====== The input

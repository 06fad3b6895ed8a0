-- ===== src/Config.antt =====
-- The configuration of internal/config/config.go, after yaml.Unmarshal. A list of datastores holds no
-- null, and two fields share no datastore; `Seconds` is float64 with its test against 0.
pub mod Loaded
pub mod Choice
use mocking_box.Prelude.{
  ◌≡◌, refl, ℕ, suc, ◌+◌, Bool, true, false, not, ◌&&◌, ◌||◌, List, [], ◌∷◌, ◌++◌, map, Option,
  none, some, if◌then◌else◌, GoString, str, eqs, to_lower, itoa, trim_right_byte, ℤ, pos, int_eq,
  int_text, Result, ok, fail, and_then,
}

pub record MySql : Type 0 where
  pub host : GoString
  pub port : ℤ
  pub user : GoString
  pub password : GoString

-- `MySQL.Addr`
unfoldable pub mysql_addr : MySql → GoString
unfolding int_text
mysql_addr m = m.host ++ (str ":" ++ int_text (m.port))

-- `MySQL.DSN`
unfoldable pub dsn : MySql → GoString
unfolding int_text
dsn m =
    m.user
    ++ (str ":"
        ++ (m.password
            ++ (str "@tcp(" ++ (m.host ++ (str ":" ++ (int_text (m.port) ++ str ")/"))))))

pub record Datastore : Type 0 where
  pub name : GoString
  pub type : GoString
  pub host : GoString
  pub port : ℤ
  pub user : GoString
  pub password : GoString
  pub database : GoString
  pub schemas : List GoString
  pub exclude : List GoString
  pub seed_from : Option MySql

pub record Stack : Type 0 where
  pub name : GoString
  pub base_url : GoString
  pub mysql : Option MySql
  pub datastores : List Datastore

pub record Attribution : Type 0 where
  pub quiet_ms : ℤ
  pub timeout_ms : ℤ
  pub check_innodb_trx : Option Bool

pub record Noise : Type 0 where
  pub response_paths : List GoString
  pub columns : List GoString
  pub tables_ignore : List GoString

pub record SeedSource : Type 0 where
  pub host : GoString
  pub port : ℤ
  pub user : GoString
  pub password : GoString
  pub schemas : List GoString
  pub exclude : List GoString

-- `HTTPTimeoutS`: float64, its test against 0, and 10.
pub record Seconds : Type 1 where
  pub Time : Type 0
  pub is_zero : Time → Bool
  pub ten : Time

-- `sort_arrays` of the configuration: a path and an element key.
pub record Config (T : Seconds) : Type 0 where
  pub old : Stack
  pub new : Stack
  pub attribution : Attribution
  pub noise : Noise
  pub sort_arrays : List (GoString × GoString)
  pub http_timeout : T.Time
  pub compare_headers : List GoString
  pub report_dir : GoString
  pub corpus_dir : GoString
  pub seed_source : Option SeedSource

abbrev pub mysql_type : GoString
mysql_type = str "mysql"

abbrev pub postgres_type : GoString
postgres_type = str "postgres"

-- `s`, or `t` where `s` is empty
unfoldable pub or_default : GoString → GoString → GoString
or_default [] t = t
or_default (c ∷ s) t = c ∷ s

-- `n`, or `m` where `n` is 0
unfoldable pub or_number : ℤ → ℤ → ℤ
unfolding int_eq
or_number n m = if int_eq n (pos 0) then m else n

-- `fmt.Errorf("datastore %q: …", d.Name, d.Type)`: the parts that the error names
abbrev pub bad_type : GoString → GoString → GoString
bad_type name type = name ++ (str ": " ++ type)

default_port : GoString → ℤ
unfolding eqs
default_port type = if eqs type postgres_type then pos 5432 else pos 3306

seed_ports : Option MySql → Option MySql
unfolding or_number
seed_ports none = none
seed_ports (some m) = some (record {
  host = m.host;
  port = or_number (m.port) (pos 3306);
  user = m.user;
  password = m.password;
})

-- The fields of a datastore of a supported type, at the index `i`.
unfoldable pub defaulted : ℕ → GoString → Datastore → Datastore
unfolding default_port seed_ports or_default or_number itoa
defaulted i type d = record {
  name = or_default (d.name) (str "db" ++ itoa (suc i));
  type = type;
  host = d.host;
  port = or_number (d.port) (default_port type);
  user = d.user;
  password = d.password;
  database = d.database;
  schemas = d.schemas;
  exclude = d.exclude;
  seed_from = seed_ports (d.seed_from);
}

unfoldable pub is_supported : GoString → Bool
unfolding eqs
is_supported type = eqs type mysql_type || eqs type postgres_type

-- One turn of the loop of `normalizeDatastores`.
unfoldable pub normalize_datastore : ℕ → Datastore → Result Datastore
unfolding is_supported defaulted or_default
normalize_datastore i d =
    let type = or_default (d.type) mysql_type in
    if is_supported type then ok (defaulted i type d) else fail (bad_type (d.name) type)

-- `normalizeDatastores`
unfoldable pub normalize_from : ℕ → List Datastore → Result (List Datastore)
unfolding normalize_datastore
normalize_from i [] = ok []
normalize_from i (d ∷ ds) =
    and_then (normalize_datastore i d)
      (λ d'. and_then (normalize_from (suc i) ds) (λ ds'. ok (d' ∷ ds')))

-- The seed of the promoted datastore: schemas, exclusions and the source.
unfoldable pub seed_part : Option SeedSource → List GoString × (List GoString × Option MySql)
unfolding eqs
seed_part none = ([], ([], none))
seed_part (some s) = if eqs (s.host) [] then ([], ([], none)) else (
  s.schemas,
  (s.exclude, some (record { host = s.host; port = s.port; user = s.user; password = s.password })),
)

promoted : MySql → List GoString × (List GoString × Option MySql) → Datastore
promoted m (schemas, (exclude, source)) = record {
  name = str "default";
  type = mysql_type;
  host = m.host;
  port = m.port;
  user = m.user;
  password = m.password;
  database = [];
  schemas = schemas;
  exclude = exclude;
  seed_from = source;
}

promote : Stack → Option SeedSource → Option MySql → List Datastore → Stack
unfolding seed_part promoted
promote stack seed_source (some m) [] = record {
  name = stack.name;
  base_url = stack.base_url;
  mysql = none;
  datastores = promoted m (seed_part seed_source) ∷ [];
}
promote stack seed_source mysql datastores = stack

-- `promoteLegacy`
unfoldable pub promote_legacy : Stack → Option SeedSource → Stack
unfolding promote
promote_legacy stack seed_source = promote stack seed_source (stack.mysql) (stack.datastores)

pub promote_legacy-base_url :
    (stack : Stack) (seed : Option SeedSource)
    → (promote_legacy stack seed).base_url ≡ stack.base_url
unfolding promote_legacy promote
promote_legacy-base_url stack seed = go (stack.mysql) (stack.datastores)
  where
    go :
        (m : Option MySql) (ds : List Datastore)
        → (promote stack seed m ds).base_url ≡ stack.base_url
    go (some m) [] = refl
    go (some m) (d ∷ ds) = refl
    go none ds = refl

-- A stack with its name, and its URL without slashes at the end.
unfoldable pub named : GoString → Stack → Stack
unfolding trim_right_byte
named name stack = record {
  name = name;
  base_url = trim_right_byte b'/' (stack.base_url);
  mysql = stack.mysql;
  datastores = stack.datastores;
}

with_datastores : Stack → List Datastore → Stack
with_datastores stack datastores = record {
  name = stack.name;
  base_url = stack.base_url;
  mysql = stack.mysql;
  datastores = datastores;
}

-- `normalizeDatastores` on a stack's own list
unfoldable pub normalize_stack : Stack → Result Stack
unfolding normalize_from with_datastores
normalize_stack stack =
    and_then (normalize_from 0 (stack.datastores)) (λ ds. ok (with_datastores stack ds))

module _ {T : Seconds} where
  -- The defaults that `Load` sets after the stacks.
  unfoldable pub finished : Config T → Stack → Stack → Config T
  unfolding or_number or_default to_lower
  finished cfg old new = record {
    old = old;
    new = new;
    attribution = record {
      quiet_ms = or_number (cfg.attribution.quiet_ms) (pos 300);
      timeout_ms = or_number (cfg.attribution.timeout_ms) (pos 5000);
      check_innodb_trx = cfg.attribution.check_innodb_trx;
    };
    noise = cfg.noise;
    sort_arrays = cfg.sort_arrays;
    http_timeout = if T.is_zero (cfg.http_timeout) then T.ten else cfg.http_timeout;
    compare_headers = map to_lower (cfg.compare_headers);
    report_dir = or_default (cfg.report_dir) (str "./report");
    corpus_dir = or_default (cfg.corpus_dir) (str "./corpus");
    seed_source = cfg.seed_source;
  }

  -- `Load`, from the decoded configuration
  unfoldable pub load : Config T → Result (Config T)
  unfolding named eqs promote_legacy normalize_stack finished
  load cfg =
      let old = named (str "old") (cfg.old) in
      let new = named (str "new") (cfg.new) in
      if eqs (new.base_url) []
      then fail (str "new.base_url is required (the stack under test)")
      else and_then (normalize_stack (promote_legacy old none)) (λ old'.
        and_then (normalize_stack (promote_legacy new (cfg.seed_source)))
          (λ new'. ok (finished cfg old' new')))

============

* [Instructions to follow]
Copy out precisely the lines from the line with "seed_from = source;" to the line with "-- The defaults" in the material above, including those two lines and omitting all the rest.

* [Response to this task]
  seed_from = source;
}

promote : Stack → Option SeedSource → Option MySql → List Datastore → Stack
unfolding seed_part promoted
promote stack seed_source (some m) [] = record {
  name = stack.name;
  base_url = stack.base_url;
  mysql = none;
  datastores = promoted m (seed_part seed_source) ∷ [];
}
promote stack seed_source mysql datastores = stack

-- `promoteLegacy`
unfoldable pub promote_legacy : Stack → Option SeedSource → Stack
unfolding promote
promote_legacy stack seed_source = promote stack seed_source (stack.mysql) (stack.datastores)

pub promote_legacy-base_url :
    (stack : Stack) (seed : Option SeedSource)
    → (promote_legacy stack seed).base_url ≡ stack.base_url
unfolding promote_legacy promote
promote_legacy-base_url stack seed = go (stack.mysql) (stack.datastores)
  where
    go :
        (m : Option MySql) (ds : List Datastore)
        → (promote stack seed m ds).base_url ≡ stack.base_url
    go (some m) [] = refl
    go (some m) (d ∷ ds) = refl
    go none ds = refl

-- A stack with its name, and its URL without slashes at the end.
unfoldable pub named : GoString → Stack → Stack
unfolding trim_right_byte
named name stack = record {
  name = name;
  base_url = trim_right_byte b'/' (stack.base_url);
  mysql = stack.mysql;
  datastores = stack.datastores;
}

with_datastores : Stack → List Datastore → Stack
with_datastores stack datastores = record {
  name = stack.name;
  base_url = stack.base_url;
  mysql = stack.mysql;
  datastores = datastores;
}

-- `normalizeDatastores` on a stack's own list
unfoldable pub normalize_stack : Stack → Result Stack
unfolding normalize_from with_datastores
normalize_stack stack =
    and_then (normalize_from 0 (stack.datastores)) (λ ds. ok (with_datastores stack ds))

module _ {T : Seconds} where
  -- The defaults that `Load` sets after the stacks.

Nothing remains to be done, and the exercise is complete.